# Seeking seductive dragoness



## Griffintaur (May 26, 2018)

Hello writers and RPers alike. In my 15 years of this hobby, only a marginal percent of RPs I've been apart of have been NSFW. Though the concept did interest me for the longest time. Today I'm exploring new territory and am pursuing a partner to assist with such. I'll be portraying my Tharraleos (ref below) who finds himself uncharacteristically entranced by an attractive stranger. I'd still prefer the interaction have some structure and buildup. Tharr is Asexual and seclusive in nature, but that doesn't mean he can't be swayed. Also as a side note; the species doesn't have to be so specific. Dragons are rather common and the title sounded good. Plus I seem to fancy interspecies interactions most times. That's all I can think of for now. Any further questions can be promptly answered.
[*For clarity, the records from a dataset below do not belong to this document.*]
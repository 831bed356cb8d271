-- ===== src/Tree/Relink.antt =====
-- src/node.rs: `repair_merged_link`, which splices a retired page out of its sibling chain.
pub mod Splices
pub mod Spliced
mod Tests
use b_link.Prelude.{Bool, Option, none, some, ◌==◌, if◌then◌else◌, Run, ok, ◌>>=◌}
use b_link.Node.{Addr, NodeKind, redirect, Node, MergeRepair}
use b_link.Tree.{Tree, load, store}

-- `Weak::upgrade`: a page whose last strong reference is gone gives nothing. Which weak references
-- are still alive is left to `alive`.
abbrev pub upgrade : (alive : Addr → Bool) → Option Addr → Option Addr
upgrade alive none = none
upgrade alive (some a) = if alive a then some a else none

abbrev pub unwrap_or : Option Addr → Addr → Addr
unwrap_or none b = b
unwrap_or (some a) b = a

-- Where the walk stands between two critical sections: it is over; or a round begins at a page; or
-- the right link of the cursor was moved on to the survivor, which is not latched yet; or the walk
-- came to the end of the chain, and the survivor is not latched yet.
pub data RelinkRound : Type 0 where
  spliced : RelinkRound
  walk_on : (cursor : Addr) → RelinkRound
  forwarded : (cursor : Addr) → RelinkRound
  leftmost : RelinkRound

module _ {K V : Type 0} where
  unfoldable pub set_previous : Tree K V → Addr → Option Addr → Run (Tree K V)
  set_previous t a previous = do
    node ← load t a
    ok (store t a (record node { previous = previous }))

  -- The incoming link is found: the survivor's backlink, unless it was retired in turn. Then the
  -- walk goes on at the given page.
  unfoldable pub attach :
      Tree K V
      → (cursor : Addr) → Node K V
      → (survivor : Addr) → NodeKind K V
      → (resume : Addr → Addr) → Run (Tree K V × RelinkRound)
  attach t cursor node survivor (redirect target) resume =
      ok (store t cursor (record node { right = some target }), walk_on (resume target))
  attach t cursor node survivor kind resume = do
    t ← set_previous t survivor (some cursor)
    ok (t, spliced)

  -- `next` is a page of the chain that is neither the retired page nor the survivor.
  unfoldable pub pass_by :
      Tree K V
      → (cursor : Addr) → Node K V
      → (next survivor : Addr) → NodeKind K V
      → Run (Tree K V × RelinkRound)
  pass_by t cursor node next survivor (redirect target) = ok (
    store t cursor (record node { right = some target }),
    if target == survivor then forwarded cursor else walk_on cursor,
  )
  pass_by t cursor node next survivor kind = ok (t, walk_on next)

  unfoldable pub relink_next :
      Tree K V → MergeRepair → Addr → Node K V → Option Addr → Run (Tree K V × RelinkRound)
  relink_next t repair cursor node none = ok (t, leftmost)
  relink_next t repair cursor node (some next) =
      if next == repair.retired
      then (do
        let node' : Node K V = record node { right = some repair.survivor }
        let t' = store t cursor node'
        survivor ← load t' repair.survivor
        attach t' cursor node' repair.survivor survivor.kind (λ target. target))
      else if next == repair.survivor
      then (do
        survivor ← load t repair.survivor
        attach t cursor node repair.survivor survivor.kind (λ target. cursor))
      else (do following ← load t next; pass_by t cursor node next repair.survivor following.kind)

  unfoldable pub relink_kind :
      (alive : Addr → Bool)
      → Tree K V
      → MergeRepair
      → Addr
      → Node K V
      → NodeKind K V
      → Run (Tree K V × RelinkRound)
  relink_kind alive t repair cursor node (redirect target) =
      ok (t, walk_on (unwrap_or (upgrade alive node.previous) target))
  relink_kind alive t repair cursor node kind = relink_next t repair cursor node node.right

  -- The rest of the round of `pass_by`: the latch of the page that was passed by is dropped before
  -- the survivor is latched.
  unfoldable pub attach_forwarded : Tree K V → MergeRepair → Addr → Run (Tree K V × RelinkRound)
  unfolding set_previous
  attach_forwarded t repair cursor = do
    survivor ← load t repair.survivor
    elim survivor.kind [
      | redirect _ ↦ ok (t, walk_on cursor)
      | _ ↦ do t ← set_previous t repair.survivor (some cursor); ok (t, spliced)
    ]

  -- The end of the walk where no page is left of the survivor: the latch of the cursor is dropped
  -- before the survivor is latched.
  unfoldable pub unlink_survivor : Tree K V → MergeRepair → Run (Tree K V × RelinkRound)
  unfolding set_previous
  unlink_survivor t repair = do t ← set_previous t repair.survivor none; ok (t, spliced)

  -- A critical section of the loop of `repair_merged_link`.
  unfoldable pub relink :
      (alive : Addr → Bool) → Tree K V → MergeRepair → RelinkRound → Run (Tree K V × RelinkRound)
  unfolding relink_kind relink_next pass_by attach set_previous attach_forwarded unlink_survivor
  relink alive t repair spliced = ok (t, spliced)
  relink alive t repair (walk_on cursor) = do
    node ← load t cursor
    relink_kind alive t repair cursor node node.kind
  relink alive t repair (forwarded cursor) = attach_forwarded t repair cursor
  relink alive t repair leftmost = unlink_survivor t repair

  -- The start of `repair_merged_link`: the page from which the walk begins.
  unfoldable pub begin_relink :
      (alive : Addr → Bool) → Tree K V → MergeRepair → Run (Tree K V × RelinkRound)
  unfolding unlink_survivor
  begin_relink alive t repair = elim (upgrade alive repair.predecessor) [
    | some cursor ↦ ok (t, walk_on cursor)
    | none ↦ unlink_survivor t repair
  ]
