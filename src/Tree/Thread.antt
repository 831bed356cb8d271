-- ===== src/Tree/Thread.antt =====
-- The calls `Tree::get`, `Tree::insert` and `Tree::remove` of src/node.rs as threads over one tree:
-- a thread runs one critical section at a time, and any other thread may run in between.
pub mod Fast
pub mod Places
pub mod Effects
pub mod Turns
pub mod History
mod Tests
use b_link.Prelude.{
  ℕ, suc, zero, Bool, true, false, Option, none, some, List, [], ◌∷◌, if◌then◌else◌, get_elem?, set,
  Run, ok, panic, out_of_fuel, ◌>>=◌,
}
use b_link.Ord.{Ord}
use b_link.Array.Bounded
use b_link.Node.{
  Addr, NodeKind, internal, leaf, redirect, Node, MergeRepair, Route, restart, to_right, here,
  route, Entry, LeafNode,
}
use b_link.Node.Leaf
use b_link.Node.Leaf.{SearchResult, found, absent}
use b_link.Tree.{Tree, Visit, again, move, arrived, load, visit}
use b_link.Tree.Insert
use b_link.Tree.Insert.{
  FastInsert, InsertRound, GrowRound, redirected, unneeded, grown, try_insert_without_split,
  split_root_if_full, insert_attempt, repair_split_backlink,
}
use b_link.Tree.Remove
use b_link.Tree.Remove.{
  FastRemove, RemoveRound, Latches, try_remove_without_rebalance, remove_attempt, shrink_root,
}
use b_link.Tree.Relink.{RelinkRound, spliced, relink, begin_relink}

-- The call that a thread makes.
pub data Call (K V : Type 0) : Type 0 where
  get : K → Call K V
  insert : K → V → Call K V
  remove : K → Call K V

-- Where a thread stands, with the local variables that are live there.
pub data Pc (K V : Type 0) : Type 0 where
  -- `leaf_read_for`, before the root slot is read, or before the page is latched.
  start_read : Call K V → Pc K V
  read : Call K V → Addr → Pc K V
  -- `leaf_write_for`, before the leaf is latched again.
  latch : Call K V → Addr → Pc K V
  -- The loop of `insert`: `split_root_if_full`, its backlink repair, and `insert_attempt`.
  grow : K → V → Pc K V
  grow_link : K → V → (new_right successor : Addr) → Pc K V
  start_insert : K → V → Pc K V
  insert_at : K → V → Addr → Pc K V
  insert_link : K → V → (target new_right successor : Addr) → Pc K V
  -- The loop of `remove`: `shrink_root`, `remove_attempt` and its link repair, which has a place of
  -- its own for each critical section of its walk.
  shrink : K → Pc K V
  start_remove : K → Pc K V
  remove_at : K → Addr → Pc K V
  begin_link : K → (target : Addr) → MergeRepair → Pc K V
  link : K → (target : Addr) → MergeRepair → RelinkRound → Pc K V
  final_shrink : Option V → Pc K V
  returned : Option V → Pc K V

-- What the surroundings decide: which `try_write_node` calls succeed, and which weak references
-- are alive.
pub record Surroundings : Type 0 where
  pub try_locked : Bool
  pub latches : Latches
  pub alive : Addr → Bool

-- One thread alone: every latch is free and every weak reference alive.
abbrev pub alone : Surroundings
alone = record {
  try_locked = true;
  latches = record { first = true; second = true };
  alive = λ _. true;
}

module _ {K V : Type 0} where
  abbrev pub call_key : Call K V → K
  call_key (get k) = k
  call_key (insert k v) = k
  call_key (remove k) = k

  pub after_grow : K → V → GrowRound → Pc K V
  after_grow k v redirected = grow k v
  after_grow k v unneeded = start_insert k v
  after_grow k v (grown new_right none) = start_insert k v
  after_grow k v (grown new_right (some successor)) = grow_link k v new_right successor

  after_fast_insert : K → V → FastInsert V → Pc K V
  after_fast_insert k v (FastInsert.done replaced) = returned replaced
  after_fast_insert k v FastInsert.structural = grow k v

  pub after_insert : K → V → InsertRound V → Pc K V
  after_insert k v (InsertRound.finished replaced) = returned replaced
  after_insert k v InsertRound.retry = grow k v
  after_insert k v (InsertRound.descend target none) = insert_at k v target
  after_insert k v (InsertRound.descend target (some (new_right, none))) = insert_at k v target
  after_insert k v (InsertRound.descend target (some (new_right, some successor))) =
      insert_link k v target new_right successor

  after_fast_remove : K → FastRemove V → Pc K V
  after_fast_remove k (FastRemove.done removed) = returned removed
  after_fast_remove k FastRemove.structural = shrink k

  pub after_remove : K → RemoveRound V → Pc K V
  after_remove k (RemoveRound.finished removed) = final_shrink removed
  after_remove k RemoveRound.retry = shrink k
  after_remove k (RemoveRound.descend target none) = remove_at k target
  after_remove k (RemoveRound.descend target (some repair)) = begin_link k target repair

  pub after_link : K → Addr → MergeRepair → RelinkRound → Pc K V
  after_link k target repair spliced = remove_at k target
  after_link k target repair round = link k target repair round

module _ {K V : Type 0} ⦃o : Ord K⦄ where
  value_at : LeafNode K V → SearchResult → Run (Option V)
  value_at contents (absent index) = ok none
  value_at contents (found index) = do
    entry ← Bounded.index contents.entries index
    ok (some entry.value)

  -- `Tree::get` searches under the same read latch as the traversal ends with; the writers come
  -- back for the write latch.
  finish_read : Call K V → Addr → NodeKind K V → Run (Pc K V)
  finish_read (get k) a (leaf contents) = do
    value ← value_at contents (Leaf.search contents k)
    ok (returned value)
  finish_read (get k) a kind = panic
  finish_read c a kind = ok (latch c a)

  after_visit : Call K V → Addr → Node K V → Visit → Run (Pc K V)
  after_visit c a node again = ok (start_read c)
  after_visit c a node (move next) = ok (read c next)
  after_visit c a node arrived = finish_read c a node.kind

  fast_path : ℕ → Tree K V → Addr → Node K V → LeafNode K V → Call K V → Run (Tree K V × Pc K V)
  fast_path n t a node contents (get k) = ok (t, start_read (get k))
  fast_path n t a node contents (insert k v) = do
    (t, r) ← try_insert_without_split n t a node contents k v
    ok (t, after_fast_insert k v r)
  fast_path n t a node contents (remove k) = do
    (t, r) ← try_remove_without_rebalance n t a node contents k
    ok (t, after_fast_remove k r)

  -- The write latch is kept only at a leaf that still owns the key.
  latched :
      ℕ → Tree K V → Addr → Node K V → NodeKind K V → Call K V → Route → Run (Tree K V × Pc K V)
  latched n t a node (leaf contents) c here = fast_path n t a node contents c
  latched n t a node kind c r = ok (t, start_read c)

  -- The next critical section of a thread.
  unfoldable pub turn : ℕ → Surroundings → Tree K V → Pc K V → Run (Tree K V × Pc K V)
  unfolding value_at finish_read after_visit fast_path latched after_grow after_fast_insert
      after_insert after_fast_remove after_remove after_link
  turn n env t (start_read c) = ok (t, read c t.root)
  turn n env t (read c a) = do
    node ← load t a
    v ← visit node (call_key c)
    pc ← after_visit c a node v
    ok (t, pc)
  turn n env t (latch c a) = do
    node ← load t a
    r ← route node (call_key c)
    latched n t a node node.kind c r
  turn n env t (grow k v) = do (t, r) ← split_root_if_full n t; ok (t, after_grow k v r)
  turn n env t (grow_link k v new_right successor) = do
    (t, next) ← repair_split_backlink t new_right successor
    ok (
      t,
      elim next [ none ↦ start_insert k v | some successor ↦ grow_link k v new_right successor ],
    )
  turn n env t (start_insert k v) = ok (t, insert_at k v t.root)
  turn n env t (insert_at k v a) = do
    (t, r) ← insert_attempt n t env.try_locked a k v
    ok (t, after_insert k v r)
  turn n env t (insert_link k v target new_right successor) = do
    (t, next) ← repair_split_backlink t new_right successor
    ok (
      t,
      elim next [
        | none ↦ insert_at k v target
        | some successor ↦ insert_link k v target new_right successor
      ],
    )
  turn n env t (shrink k) = do
    (t, more) ← shrink_root t
    ok (t, if more then shrink k else start_remove k)
  turn n env t (start_remove k) = ok (t, remove_at k t.root)
  turn n env t (remove_at k a) = do
    (t, r) ← remove_attempt n t env.latches a k
    ok (t, after_remove k r)
  turn n env t (begin_link k target repair) = do
    (t, round) ← begin_relink env.alive t repair
    ok (t, after_link k target repair round)
  turn n env t (link k target repair round) = do
    (t, round) ← relink env.alive t repair round
    ok (t, after_link k target repair round)
  turn n env t (final_shrink removed) = do
    (t, more) ← shrink_root t
    ok (t, if more then final_shrink removed else returned removed)
  turn n env t (returned result) = ok (t, returned result)

  -- A call that no other thread interrupts, for at most so many critical sections.
  unfoldable pub run_alone : ℕ → ℕ → Tree K V → Pc K V → Run (Tree K V × Option V)
  unfolding turn
  run_alone zero n t pc = out_of_fuel
  run_alone (suc rounds) n t (returned result) = ok (t, result)
  run_alone (suc rounds) n t pc = do (t, pc) ← turn n alone t pc; run_alone rounds n t pc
Thanks in advance for any and all inquires!


----------



## Griffintaur (Jun 1, 2018)

Bumping


----------



## Amynta (Jun 1, 2018)

Hey, I'm actually working on a female character, who would fit that request pretty well!
If you don't mind roleplaying with someone less experienced, I'd be available.


----------



## Griffintaur (Jun 1, 2018)

That's more than okay with me and I very much appreciate your inquiry. PM me any character details and let's get the ball rollin'. This should fare rather entertaining.


----------